Each record below must be returned exactly as shown.

── Working data

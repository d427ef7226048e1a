-- ===== src/Redis/Laws.antt =====
-- helios_permissions/redis_cache.go: the cache behind the interface, over a server that answers and
-- without expiry, and what a key holds after each method.
use helios_permission_golang.Prelude.{
  ℕ, ◌<◌, inl, inr, Bool-cases, Str, if◌then◌else◌, Option, none, some, List, [], ◌≡◌, refl, ap,
  ◌∙◌, arith, pos, ◌==◌, contains,
}
use helios_permission_golang.Permission.{Permission}
use helios_permission_golang.Duration.{seconds_to_duration}
use helios_permission_golang.Redis.{
  done, RedisPermissionCache, Served, key, tenant_pattern, from_reply, get, set, write_through,
  invalidate, invalidate_tenant,
}
use helios_permission_golang.Redis.Server.{IsServer, kept, IsCodec, AreAscii}
use helios_permission_golang.Redis.Scan.{Swept, scan_loop-Swept}

module _ (c : RedisPermissionCache) (h : IsServer c.rdb) where
  open h use {stored, remaining}

  -- An iteration from the start has every key to return.
  full_sweep :
      (t : Str) (s s' : Served c)
      → Swept c h (tenant_pattern c t) 0 s s'
      → (j : Str) → stored s' j ≡ (if h.matches (tenant_pattern c t) j then none else stored s j)
  full_sweep t s s' swept j = elim (Bool-cases (h.matches (tenant_pattern c t) j)) [
    | inl match ↦ rw match ((swept j).2 match (h.due_at_start s j))
    | inr other ↦ rw other ((swept j).0 other)
  ]

  -- Over a server that answers, with fuel for more pages than the iteration's bound, the loop of
  -- InvalidateTenant ends without error; it leaves no key that the tenant's pattern matches, and
  -- leaves every other key as it was.
  pub invalidate_tenant-sweeps :
      (pages : ℕ) (t : Str) (s : Served c)
      → remaining s 0 < pages
      → (s' : Served c) × (invalidate_tenant c pages t s ≡ some (none, s'))
        × ((j : Str)
            → stored s' j ≡ (if h.matches (tenant_pattern c t) j then none else stored s j))
  unfolding invalidate_tenant
  invalidate_tenant-sweeps pages t s enough =
      let (s', ends, swept) = scan_loop-Swept c h (tenant_pattern c t) pages 0 s enough in
      (s', ends, full_sweep t s s' swept)

  -- The value at the key of a pair.
  abbrev pub held : Served c → Str → Str → Option Str
  held s u t = stored s (key c u t)

  pub stored_get : (u t j : Str) (s : Served c) → stored (get c u t s).1 j ≡ stored s j
  unfolding get
  stored_get u t j s = h.stored_get (key c u t) j s

  -- The slice that `Get` returns.
  pub get-held : (u t : Str) (s : Served c) → (get c u t s).0 ≡ from_reply c (done (held s u t))
  unfolding get
  get-held u t s = ap (from_reply c) (h.get_reply (key c u t) s)

  pub stored_invalidate :
      (u t j : Str) (s : Served c)
      → stored (invalidate c u t s).1 j ≡ (if key c u t == j then none else stored s j)
  unfolding invalidate
  stored_invalidate u t j s = h.stored_del (key c u t) [] j s ∙ unfold contains in ground arith

  module _ (d : IsCodec c.rdb) (persists : c.ttl ≡ pos 0) where
    pub persistent : seconds_to_duration c.ttl ≡ pos 0
    persistent = ap seconds_to_duration persists ∙ unfold seconds_to_duration in refl

    -- The text that a list of permissions is stored as.
    abbrev pub encoded : (ps : List Permission) → AreAscii ps → Str
    encoded ps ascii = (d.round_trip ps ascii).0

    pub stored_set :
        (u t j : Str) (ps : List Permission) (ascii : AreAscii ps) (s : Served c)
        → stored (set c u t (some ps) s).1 j
          ≡ (if key c u t == j then some (kept (stored s j) (encoded ps ascii)) else stored s j)
    unfolding set
    stored_set u t j ps ascii s =
        rw ((d.round_trip ps ascii).1, persistent)
          (h.stored_set_nx (key c u t) (encoded ps ascii) j s)

    pub stored_write_through :
        (u t j : Str) (ps : List Permission) (ascii : AreAscii ps) (s : Served c)
        → stored (write_through c u t (some ps) s).1 j
          ≡ (if key c u t == j then some (encoded ps ascii) else stored s j)
    unfolding write_through
    stored_write_through u t j ps ascii s =
        rw ((d.round_trip ps ascii).1, persistent) (h.stored_set (key c u t) (encoded ps ascii) j s)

────

__Completed task__:
repository d427ef7226048e1a
-- ===== src/Redis/Laws.antt =====
-- helios_permissions/redis_cache.go: the cache behind the interface, over a server that answers and
-- without expiry, and what a key holds after each method.
use helios_permission_golang.Prelude.{
  ℕ, ◌<◌, inl, inr, Bool-cases, Str, if◌then◌else◌, Option, none, some, List, [], ◌≡◌, refl, ap,
  ◌∙◌, arith, pos, ◌==◌, contains,
}
use helios_permission_golang.Permission.{Permission}
use helios_permission_golang.Duration.{seconds_to_duration}
use helios_permission_golang.Redis.{
  done, RedisPermissionCache, Served, key, tenant_pattern, from_reply, get, set, write_through,
  invalidate, invalidate_tenant,
}
use helios_permission_golang.Redis.Server.{IsServer, kept, IsCodec, AreAscii}
use helios_permission_golang.Redis.Scan.{Swept, scan_loop-Swept}

module _ (c : RedisPermissionCache) (h : IsServer c.rdb) where
  open h use {stored, remaining}

  -- An iteration from the start has every key to return.
  full_sweep :
      (t : Str) (s s' : Served c)
      → Swept c h (tenant_pattern c t) 0 s s'
      → (j : Str) → stored s' j ≡ (if h.matches (tenant_pattern c t) j then none else stored s j)
  full_sweep t s s' swept j = elim (Bool-cases (h.matches (tenant_pattern c t) j)) [
    | inl match ↦ rw match ((swept j).2 match (h.due_at_start s j))
    | inr other ↦ rw other ((swept j).0 other)
  ]

  -- Over a server that answers, with fuel for more pages than the iteration's bound, the loop of
  -- InvalidateTenant ends without error; it leaves no key that the tenant's pattern matches, and
  -- leaves every other key as it was.
  pub invalidate_tenant-sweeps :
      (pages : ℕ) (t : Str) (s : Served c)
      → remaining s 0 < pages
      → (s' : Served c) × (invalidate_tenant c pages t s ≡ some (none, s'))
        × ((j : Str)
            → stored s' j ≡ (if h.matches (tenant_pattern c t) j then none else stored s j))
  unfolding invalidate_tenant
  invalidate_tenant-sweeps pages t s enough =
      let (s', ends, swept) = scan_loop-Swept c h (tenant_pattern c t) pages 0 s enough in
      (s', ends, full_sweep t s s' swept)

  -- The value at the key of a pair.
  abbrev pub held : Served c → Str → Str → Option Str
  held s u t = stored s (key c u t)

  pub stored_get : (u t j : Str) (s : Served c) → stored (get c u t s).1 j ≡ stored s j
  unfolding get
  stored_get u t j s = h.stored_get (key c u t) j s

  -- The slice that `Get` returns.
  pub get-held : (u t : Str) (s : Served c) → (get c u t s).0 ≡ from_reply c (done (held s u t))
  unfolding get
  get-held u t s = ap (from_reply c) (h.get_reply (key c u t) s)

  pub stored_invalidate :
      (u t j : Str) (s : Served c)
      → stored (invalidate c u t s).1 j ≡ (if key c u t == j then none else stored s j)
  unfolding invalidate
  stored_invalidate u t j s = h.stored_del (key c u t) [] j s ∙ unfold contains in ground arith

  module _ (d : IsCodec c.rdb) (persists : c.ttl ≡ pos 0) where
    pub persistent : seconds_to_duration c.ttl ≡ pos 0
    persistent = ap seconds_to_duration persists ∙ unfold seconds_to_duration in refl

    -- The text that a list of permissions is stored as.
    abbrev pub encoded : (ps : List Permission) → AreAscii ps → Str
    encoded ps ascii = (d.round_trip ps ascii).0

    pub stored_set :
        (u t j : Str) (ps : List Permission) (ascii : AreAscii ps) (s : Served c)
        → stored (set c u t (some ps) s).1 j
          ≡ (if key c u t == j then some (kept (stored s j) (encoded ps ascii)) else stored s j)
    unfolding set
    stored_set u t j ps ascii s =
        rw ((d.round_trip ps ascii).1, persistent)
          (h.stored_set_nx (key c u t) (encoded ps ascii) j s)

    pub stored_write_through :
        (u t j : Str) (ps : List Permission) (ascii : AreAscii ps) (s : Served c)
        → stored (write_through c u t (some ps) s).1 j
          ≡ (if key c u t == j then some (encoded ps ascii) else stored s j)
    unfolding write_through
    stored_write_through u t j ps ascii s =
        rw ((d.round_trip ps ascii).1, persistent) (h.stored_set (key c u t) (encoded ps ascii) j s)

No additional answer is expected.